● Activity: Pull out every line below holding the word "acquires".
-*-
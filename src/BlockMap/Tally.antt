-- ===== src/BlockMap/Tally.antt =====
-- The counters of the table over its whole life.
use hcl.Base.{
  ℕ, zero, suc, ◌+◌, ◌≡◌, ◌<◌, refl, ap, subst, List, [], ◌∷◌, Option, some, get_elem?, cons-all,
  arith, u64, uint64_max, lt→ltb, ◌>>=◌,
}
use mathlib.Core.Option.{some-injective}
use hcl.HashKey.{HashKey}
use hcl.LockfreeQueue.{LockfreeQueue}
use hcl.MemoryPool.{MemoryPool, new_memory_pool, pooled}
use hcl.MemoryPool.Take.{take_node, memory_pool_pop-take_node}
use hcl.MemoryPool.Count.{new_memory_pool-fields}
use hcl.BlockMap.View.{IsValid}
use hcl.BlockMap.{
  Node, Fnode, BlockMap, count_block_entries, allocated_nodes, removed_nodes, init_table,
  new_block_map,
}
use hcl.BlockMap.Effects.{insert-view, update-field, update_field-view, erase-view}
use hcl.BlockMap.Construct.{new_block_map-view}
use hcl.BlockMap.History.{Change, inserts, updates, erases, change, changes}
use hcl.BlockMap.Counters.{
  stored, Counts, entries-stored, IsCounted, insert-IsCounted, update_field-IsCounted,
  erase-IsCounted,
}

module _ {Q : LockfreeQueue ℕ} {K V : Type 0} ⦃key : HashKey K⦄ where
  IsTallied : Option (BlockMap Q K V) → Type 0
  IsTallied o = (m : BlockMap Q K V) × (o ≡ some m) × IsValid m × IsCounted m

  change-IsTallied :
      (c : Change K V) (m : BlockMap Q K V) → IsValid m → IsCounted m → IsTallied (change c m)
  unfolding change IsTallied
  change-IsTallied (inserts k v) m valid counted =
      let (m', run, valid', _, _) = insert-view valid k v in
      (m', rw run refl, valid', rw run at (insert-IsCounted valid counted k v))
  change-IsTallied (updates k v) m valid counted =
      let (m', run, valid', _, _) = update_field-view valid k (λ _. v) in
      (
        m',
        rw (update-field valid k v, run) refl,
        valid',
        rw run at (update_field-IsCounted valid counted k (λ _. v)),
      )
  change-IsTallied (erases k) m valid counted =
      let (m', run, valid', _, _) = erase-view valid k in
      (m', rw run refl, valid', rw run at (erase-IsCounted valid counted k))

  changes-IsTallied :
      (cs : List (Change K V)) (m : BlockMap Q K V)
      → IsValid m
      → IsCounted m
      → IsTallied (changes cs m)
  unfolding changes IsTallied
  changes-IsTallied [] m valid counted = (m, refl, valid, counted)
  changes-IsTallied (c ∷ cs) m valid counted =
      let (m', run, valid', counted') = change-IsTallied c m valid counted in
      let (last, rest, ok, kept) = changes-IsTallied cs m' valid' counted' in
      (last, rw (run, rest) refl, ok, kept)

  init_table-Counts :
      (n : ℕ) (v0 : V) (max_key : K) (p : MemoryPool Q)
      → 0 < p.chunk_size
      → (t : List (Fnode K V)) × (p' : MemoryPool Q) × (init_table n v0 max_key p ≡ some (t, p'))
        × (stored t ≡ 0)
        × ((i : ℕ) (b : Fnode K V) → get_elem? t i ≡ some b → Counts b)
  unfolding init_table stored Counts u64
  init_table-Counts zero v0 max_key p pos = ([], p, refl, refl, λ i b e. absurd (cc))
  init_table-Counts (suc n) v0 max_key p pos =
      let (p₁, popped, took) = memory_pool_pop-take_node p pos in
      let (t, p₂, run, none_stored, each) =
        init_table-Counts n v0 max_key p₁ (omega (arith, took.size)) in
      let i = (take_node p.chunk_size p.next_node (pooled p)).0 in
      let head : Node K V = record { node_id = i; key = max_key; value = v0 } in
      let b : Fnode K V = record { num_nodes = 0; head = head; nodes = [] } in
      (b ∷ t, p₂, rw (popped, run) refl, omega (arith, none_stored), cons-all Counts b t refl each)

  pub new_block_map-IsCounted :
      (n : ℕ) (p : MemoryPool Q) (v0 : V) (max_key : K) (m : BlockMap Q K V)
      → 0 < n
      → n < uint64_max
      → 0 < p.chunk_size
      → new_block_map n p v0 max_key ≡ some m
      → IsCounted m
  unfolding new_block_map u64
  new_block_map-IsCounted n p v0 max_key m lo hi pos made =
      let (t, p', run, none_stored, each) = init_table-Counts n v0 max_key p pos in
      subst IsCounted (some-injective _ _ (rw (lt→ltb 0 n lo, run, lt→ltb n uint64_max hi) at made))
        (record { each = each; balance = ap (λ s. u64 (s + 0)) none_stored })

  -- A table that the constructor makes on a new pool, after any inserts, updates and erases, all of which
  -- return: count_block_entries answers the number of nodes that stand in the buckets behind their
  -- heads, and what it answers is what allocated_nodes exceeds removed_nodes by, all modulo 2^64.
  pub changes-entries :
      (n size : ℕ) (v0 : V) (max_key : K) (cs : List (Change K V))
      → 0 < n
      → n < uint64_max
      → 0 < size
      → (m : BlockMap Q K V) × ((new_block_map n (new_memory_pool Q size) v0 max_key >>= changes cs)
          ≡ some m)
        × (count_block_entries 0 m.table ≡ u64 (stored m.table))
        × (u64 (count_block_entries 0 m.table + removed_nodes m) ≡ allocated_nodes m)
  unfolding IsTallied u64 allocated_nodes removed_nodes
  changes-entries n size v0 max_key cs lo hi pos =
      let p = new_memory_pool Q size in
      let (chunk, next) = new_memory_pool-fields Q size in
      let (m, made, valid, _, _) = new_block_map-view n p v0 max_key lo hi (rw chunk pos) in
      let (m', run, _, counted) =
        changes-IsTallied cs m valid
          (new_block_map-IsCounted n p v0 max_key m lo hi (rw chunk pos) made) in
      let entries = entries-stored 0 m'.table (omega arith) counted.each in
      (m', rw (made, run) refl, omega (arith, entries), omega (arith, entries, counted.balance))
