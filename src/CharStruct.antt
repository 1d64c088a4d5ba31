-- ===== src/CharStruct.antt =====
-- include/hcl/common/data_structures.h and src/hcl/common/data_structures.cpp: CharStruct, a string in an
-- array of 256 bytes. Its state is the text in front of the first zero byte; a text is a list of bytes. A
-- std::string may have zero bytes in it. Order proves the comparisons, Text what the constructors and the
-- concatenations keep.
pub mod Order
pub mod Text
use hcl.Base.{
  ℕ, zero, suc, ◌+◌, ◌-◌, Bool, true, false, not, List, [], ◌∷◌, ◌++◌, Option, some, none, length,
  take, ltb, ◌==◌, if◌then◌else◌, ◌>>=◌,
}

pub record CharStruct : Type 0 where
  pub value : List ℕ

-- `c_str()` of a std::string, up to its first zero byte
pub c_str : List ℕ → List ℕ
c_str [] = []
c_str (x ∷ xs) = let rest = c_str xs in if x == 0 then [] else x ∷ rest

-- `snprintf(value, size, "%s", text)`. none: the array is left without a text, or is written past its end
pub snprintf : ℕ → List ℕ → Option CharStruct
snprintf zero text = none
snprintf (suc n) text =
    let kept = take n text in if ltb (length kept) 256 then some (record { value = kept }) else none

-- the constructors
pub of_chars : List ℕ → Option CharStruct
unfolding snprintf
of_chars text = snprintf (length text + 1) text

pub of_string : List ℕ → Option CharStruct
unfolding of_chars c_str
of_string text = of_chars (c_str text)

pub of_prefix : List ℕ → ℕ → Option CharStruct
unfolding snprintf
of_prefix text size = snprintf size text

-- the copy and the move constructor, both from the array of the other object, and the assignment
pub copy_of : CharStruct → Option CharStruct
unfolding of_chars
copy_of other = of_chars other.value

pub move_of : CharStruct → Option CharStruct
unfolding of_chars
move_of other = of_chars other.value

-- `strcpy` from an array of the same length
unfoldable pub assign : CharStruct → CharStruct → CharStruct
assign a other = record { value = other.value }

-- string() and size()
unfoldable pub string : CharStruct → List ℕ
string a = a.value

unfoldable pub size : CharStruct → ℕ
size a = length a.value

-- the two functions Set
pub set_prefix : List ℕ → ℕ → Option CharStruct
unfolding snprintf
set_prefix text size = snprintf (size + 1) text

pub set_string : List ℕ → Option CharStruct
unfolding snprintf c_str
set_string text = snprintf (length text + 1) (c_str text)

-- the sign of strcmp, with the bytes as unsigned numbers
pub data Sign : Type 0 where
  negative : Sign
  null : Sign
  positive : Sign

pub strcmp : List ℕ → List ℕ → Sign
strcmp [] [] = null
strcmp [] (y ∷ ys) = negative
strcmp (x ∷ xs) [] = positive
strcmp (x ∷ xs) (y ∷ ys) =
    let rest = strcmp xs ys in if ltb x y then negative else (if ltb y x then positive else rest)

pub is_null : Sign → Bool
is_null negative = false
is_null null = true
is_null positive = false

pub is_positive : Sign → Bool
is_positive negative = false
is_positive null = false
is_positive positive = true

pub is_negative : Sign → Bool
is_negative negative = true
is_negative null = false
is_negative positive = false

-- the operators
pub equals : CharStruct → CharStruct → Bool
unfolding is_null strcmp
equals a o = is_null (strcmp a.value o.value)

pub greater : CharStruct → CharStruct → Bool
unfolding is_positive strcmp
greater a o = is_positive (strcmp a.value o.value)

pub greater_equal : CharStruct → CharStruct → Bool
unfolding is_negative strcmp
greater_equal a o = not (is_negative (strcmp a.value o.value))

pub less : CharStruct → CharStruct → Bool
unfolding is_negative strcmp
less a o = is_negative (strcmp a.value o.value)

pub less_equal : CharStruct → CharStruct → Bool
unfolding is_positive strcmp
less_equal a o = not (is_positive (strcmp a.value o.value))

pub plus : CharStruct → CharStruct → Option CharStruct
unfolding of_string
plus a o = of_string (a.value ++ o.value)

pub plus_string : CharStruct → List ℕ → Option CharStruct
unfolding of_string
plus_string a o = of_string (a.value ++ o)

pub plus_assign : CharStruct → CharStruct → Option CharStruct
unfolding set_string
plus_assign a rhs = set_string (a.value ++ rhs.value)
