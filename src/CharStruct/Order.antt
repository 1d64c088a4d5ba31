-- ===== src/CharStruct/Order.antt =====
-- The comparisons of CharStruct.
use hcl.Base.{ℕ, ◌≡◌, ◌↔◌, refl, true, false, not, ◌&&◌, List, [], ◌∷◌, arith}
use hcl.CharStruct.{
  CharStruct, Sign, negative, null, positive, strcmp, is_null, is_positive, is_negative, equals,
  greater, greater_equal, less, less_equal,
}

flip : Sign → Sign
flip negative = positive
flip null = null
flip positive = negative

strcmp-flip : (xs ys : List ℕ) → strcmp ys xs ≡ flip (strcmp xs ys)
unfolding strcmp flip
strcmp-flip [] [] = refl
strcmp-flip [] (y ∷ ys) = refl
strcmp-flip (x ∷ xs) [] = refl
strcmp-flip (x ∷ xs) (y ∷ ys) = ground (arith, strcmp-flip xs ys)

strcmp_refl : (xs : List ℕ) → strcmp xs xs ≡ null
unfolding strcmp
strcmp_refl [] = refl
strcmp_refl (x ∷ xs) = ground (arith, strcmp_refl xs)

strcmp_null : (xs ys : List ℕ) → is_null (strcmp xs ys) ≡ true → xs ≡ ys
unfolding strcmp is_null
strcmp_null [] [] e = refl
strcmp_null [] (y ∷ ys) e = absurd (ground arith)
strcmp_null (x ∷ xs) [] e = absurd (ground arith)
strcmp_null (x ∷ xs) (y ∷ ys) e =
    let same : x ≡ y = ground arith in
    let rest = strcmp_null xs ys (ground arith) in rw (same, rest) refl

strcmp_trans :
    (xs ys zs : List ℕ)
    → (is_negative (strcmp xs ys) && is_negative (strcmp ys zs) && not (is_negative (strcmp xs zs)))
      ≡ false
unfolding strcmp is_negative
strcmp_trans [] [] zs = refl
strcmp_trans [] (y ∷ ys) [] = ground arith
strcmp_trans [] (y ∷ ys) (z ∷ zs) = ground arith
strcmp_trans (x ∷ xs) [] zs = ground arith
strcmp_trans (x ∷ xs) (y ∷ ys) [] = ground arith
strcmp_trans (x ∷ xs) (y ∷ ys) (z ∷ zs) = ground (arith, strcmp_trans xs ys zs)

-- The comparisons are those of one strict total order: == is equality of the texts; of <, == and > just
-- one holds; < is transitive, > is < with its sides exchanged, and <= and >= are the negations of > and <.
pub comparisons-order :
    (a b : CharStruct)
    → ((equals a b ≡ true) ↔ (a.value ≡ b.value))
      × (equals a b ≡ (not (less a b) && not (greater a b)))
      × ((less a b && greater a b) ≡ false)
      × (greater a b ≡ less b a)
      × (less_equal a b ≡ not (greater a b))
      × (greater_equal a b ≡ not (less a b))
      × ((c : CharStruct) → (less a b && less b c && not (less a c)) ≡ false)
unfolding equals less greater less_equal greater_equal is_null is_positive is_negative flip
comparisons-order a b = (
  (strcmp_null a.value b.value, λ e. rw (e, strcmp_refl b.value) refl),
  signs (strcmp a.value b.value),
  both (strcmp a.value b.value),
  rw (strcmp-flip a.value b.value) (turned (strcmp a.value b.value)),
  refl,
  refl,
  λ c. strcmp_trans a.value b.value c.value,
)
  where
    signs : (s : Sign) → is_null s ≡ (not (is_negative s) && not (is_positive s))
    signs negative = refl
    signs null = refl
    signs positive = refl

    both : (s : Sign) → (is_negative s && is_positive s) ≡ false
    both negative = refl
    both null = refl
    both positive = refl

    turned : (s : Sign) → is_positive s ≡ is_negative (flip s)
    turned negative = refl
    turned null = refl
    turned positive = refl
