-- ===== src/Manager/Backend/Machine/Histories.antt =====
-- Every store that the tasks of src/sandbox_manager/docker_backend.py reach is one that a history of the
-- methods of src/sandbox_manager/state.py makes.
use mathlib.Core.Path.{subst}
use litellm_gateway.Prelude.{
  true, List, [], ◌∷◌, ◌++◌, ◌≡◌, refl, sym, ap, ◌∙◌, All, All-snoc, All-append, In,
}
use litellm_gateway.Manager.State.{Store, Sandbox}
use litellm_gateway.Manager.State.Sandboxes.{is_live}
use litellm_gateway.Manager.State.History.{
  Call, creates, deletes, schedules, transitions, claims, marks, renews, finishes, opens, updates,
  commits, consumes, run, run_all, empty, Ends,
}
use litellm_gateway.Manager.State.Exclusion.{single_writer}
use litellm_gateway.Manager.Program.{
  Program, call, Command, stores, reads, looks, docker, runner, clock, loop_time, fresh_hex, sleeps,
  acquires, releases, spawns,
}
use litellm_gateway.Manager.Program.Only.{Only, command-Only, answered-Only}
use litellm_gateway.Manager.Backend.{Environment}
use litellm_gateway.Manager.Backend.Only.{Allowed, backend_rules}
use litellm_gateway.Manager.Backend.Only.Sandboxes.{inspect-Only, renew-Only, terminate-Only}
use litellm_gateway.Manager.Backend.Only.Creation.{create-Only}
use litellm_gateway.Manager.Backend.Only.Workspaces.{
  create_workspace-Only, inspect_workspace-Only, release_workspace-Only,
}
use litellm_gateway.Manager.Backend.Only.Requests.{operate-Only, inspect_operation-Only}
use litellm_gateway.Manager.Backend.Only.Startup.{start_up-Only}
use litellm_gateway.Manager.Backend.Only.Reaper.{reaper_round-Only, task-Only}
use litellm_gateway.Manager.Backend.Machine.{
  perform, System, store_after, spawned, Request, creates_sandbox, inspects, renews_sandbox,
  terminates, creates_workspace, inspects_workspace, releases_workspace, operates,
  inspects_operation, reaps, handle, Reachable, starts, restarts, arrives, moves,
}

performed : (c : Call) (s : Store) → (perform c s).1 ≡ run c s
unfolding perform run
performed (creates k kind volume timestamp) s = refl
performed (deletes k) s = refl
performed (schedules k after timestamp) s = refl
performed (transitions k expected status timestamp) s = refl
performed (claims k sid host name created_at till) s = refl
performed (marks sid timestamp) s = refl
performed (renews sid till) s = refl
performed (finishes sid status workspace_status timestamp) s = refl
performed (opens oid operation k sid key input timestamp) s = refl
performed (updates oid status phase result error timestamp) s = refl
performed (commits k oid rid generation result timestamp) s = refl
performed (consumes nonce till timestamp) s = refl

run_all-snoc :
    (cs : List Call) (c : Call) (s : Store) → run_all (cs ++ c ∷ []) s ≡ run c (run_all cs s)
unfolding run_all
run_all-snoc [] c s = refl
run_all-snoc (d ∷ cs) c s = run_all-snoc cs c (run d s)

-- A history that makes the store.
pub record Recorded (s : Store) : Type 0 where
  pub calls : List Call
  pub ended : All Ends calls
  pub made : s ≡ run_all calls empty

stores-Recorded : (c : Call) (s : Store) → Ends c → Recorded s → Recorded (perform c s).1
stores-Recorded c s e h = record {
  calls = h.calls ++ c ∷ [];
  ended = All-snoc Ends h.calls c h.ended e;
  made = performed c s ∙ (ap (run c) h.made ∙ sym (run_all-snoc h.calls c empty));
}

command-Recorded : (c : Command) (s : Store) → Allowed c → Recorded s → Recorded (store_after c s)
command-Recorded (stores c) s e h = stores-Recorded c s e h
command-Recorded (reads q) s e h = h
command-Recorded (looks t) s e h = h
command-Recorded (docker d) s e h = h
command-Recorded (runner r) s e h = h
command-Recorded clock s e h = h
command-Recorded loop_time s e h = h
command-Recorded fresh_hex s e h = h
command-Recorded sleeps s e h = h
command-Recorded (acquires k) s e h = h
command-Recorded (releases k) s e h = h
command-Recorded (spawns t) s e h = h

abbrev Tasks : List (Program (Unit {0})) → Type 0
Tasks ps = All (Only Allowed) ps

All-before : (ps qs : List (Program (Unit {0}))) → Tasks (ps ++ qs) → Tasks ps
All-before [] qs h = tt
All-before (p ∷ ps) qs h = (h.0, All-before ps qs h.1)

All-after : (ps qs : List (Program (Unit {0}))) → Tasks (ps ++ qs) → Tasks qs
All-after [] qs h = h
All-after (p ∷ ps) qs h = All-after ps qs h.1

handle-Only : (env : Environment) (r : Request) → Only Allowed (handle env r)
unfolding handle
handle-Only env (creates_sandbox grant) = search (backend_rules, create-Only)
handle-Only env (inspects k) = search (backend_rules, inspect-Only)
handle-Only env (renews_sandbox k) = search (backend_rules, renew-Only)
handle-Only env (terminates k) = search (backend_rules, terminate-Only)
handle-Only env (creates_workspace k grant) = search (backend_rules, create_workspace-Only)
handle-Only env (inspects_workspace k grant) = search (backend_rules, inspect_workspace-Only)
handle-Only env (releases_workspace k grant) = search (backend_rules, release_workspace-Only)
handle-Only env (operates grant) = search (backend_rules, operate-Only)
handle-Only env (inspects_operation k) = search (backend_rules, inspect_operation-Only)
handle-Only env reaps = reaper_round-Only env

module _ (env : Environment) where
  spawned-Only : (c : Command) → All (Only Allowed) (spawned env c)
  spawned-Only (spawns t) = (task-Only env t, tt)
  spawned-Only (stores c) = tt
  spawned-Only (reads q) = tt
  spawned-Only (looks t) = tt
  spawned-Only (docker d) = tt
  spawned-Only (runner r) = tt
  spawned-Only clock = tt
  spawned-Only loop_time = tt
  spawned-Only fresh_hex = tt
  spawned-Only sleeps = tt
  spawned-Only (acquires k) = tt
  spawned-Only (releases k) = tt

  kept : (s : System) → Reachable env s → Recorded s.store × All (Only Allowed) s.tasks
  kept _ starts =
      (record { calls = []; ended = tt; made = unfold run_all in refl }, (start_up-Only env, tt))
  kept _ (restarts s h) = ((kept s h).0, (start_up-Only env, tt))
  kept _ (arrives s r h) = ((kept s h).0, (handle-Only env r, (kept s h).1))
  kept _ (moves s before rest c k x e p h) =
      let all = subst (λ ps. All (Only Allowed) ps) e (kept s h).1 in
      let current = (All-after before (call c k ∷ rest) all).0 in
      (
        command-Recorded c s.store (command-Only c k current) (kept s h).0,
        All-append (Only Allowed) before _ (All-before before (call c k ∷ rest) all) (
          answered-Only c k current x,
          All-append (Only Allowed) rest _ (All-after before (call c k ∷ rest) all).1
              (spawned-Only c),
        ),
      )

  -- In every state that the Manager can reach, under every interleaving of its tasks and with every
  -- answer of Docker and of the runner, two live Sandboxes of one Workspace are the same Sandbox.
  pub backend_single_writer :
      (s : System)
      → Reachable env s
      → (a b : Sandbox) → In a s.store.sandboxes
      → In b s.store.sandboxes
      → is_live a ≡ true
      → is_live b ≡ true
      → a.workspace_id ≡ b.workspace_id
      → a.id ≡ b.id
  backend_single_writer s h a b in_a in_b =
      let r = (kept s h).0 in
      single_writer r.calls r.ended a b (subst (λ t. In a t.sandboxes) r.made in_a)
        (subst (λ t. In b t.sandboxes) r.made in_b)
-*-
● Response to the exercise:
  acquires, releases, spawns,
command-Recorded (acquires k) s e h = h
  spawned-Only (acquires k) = tt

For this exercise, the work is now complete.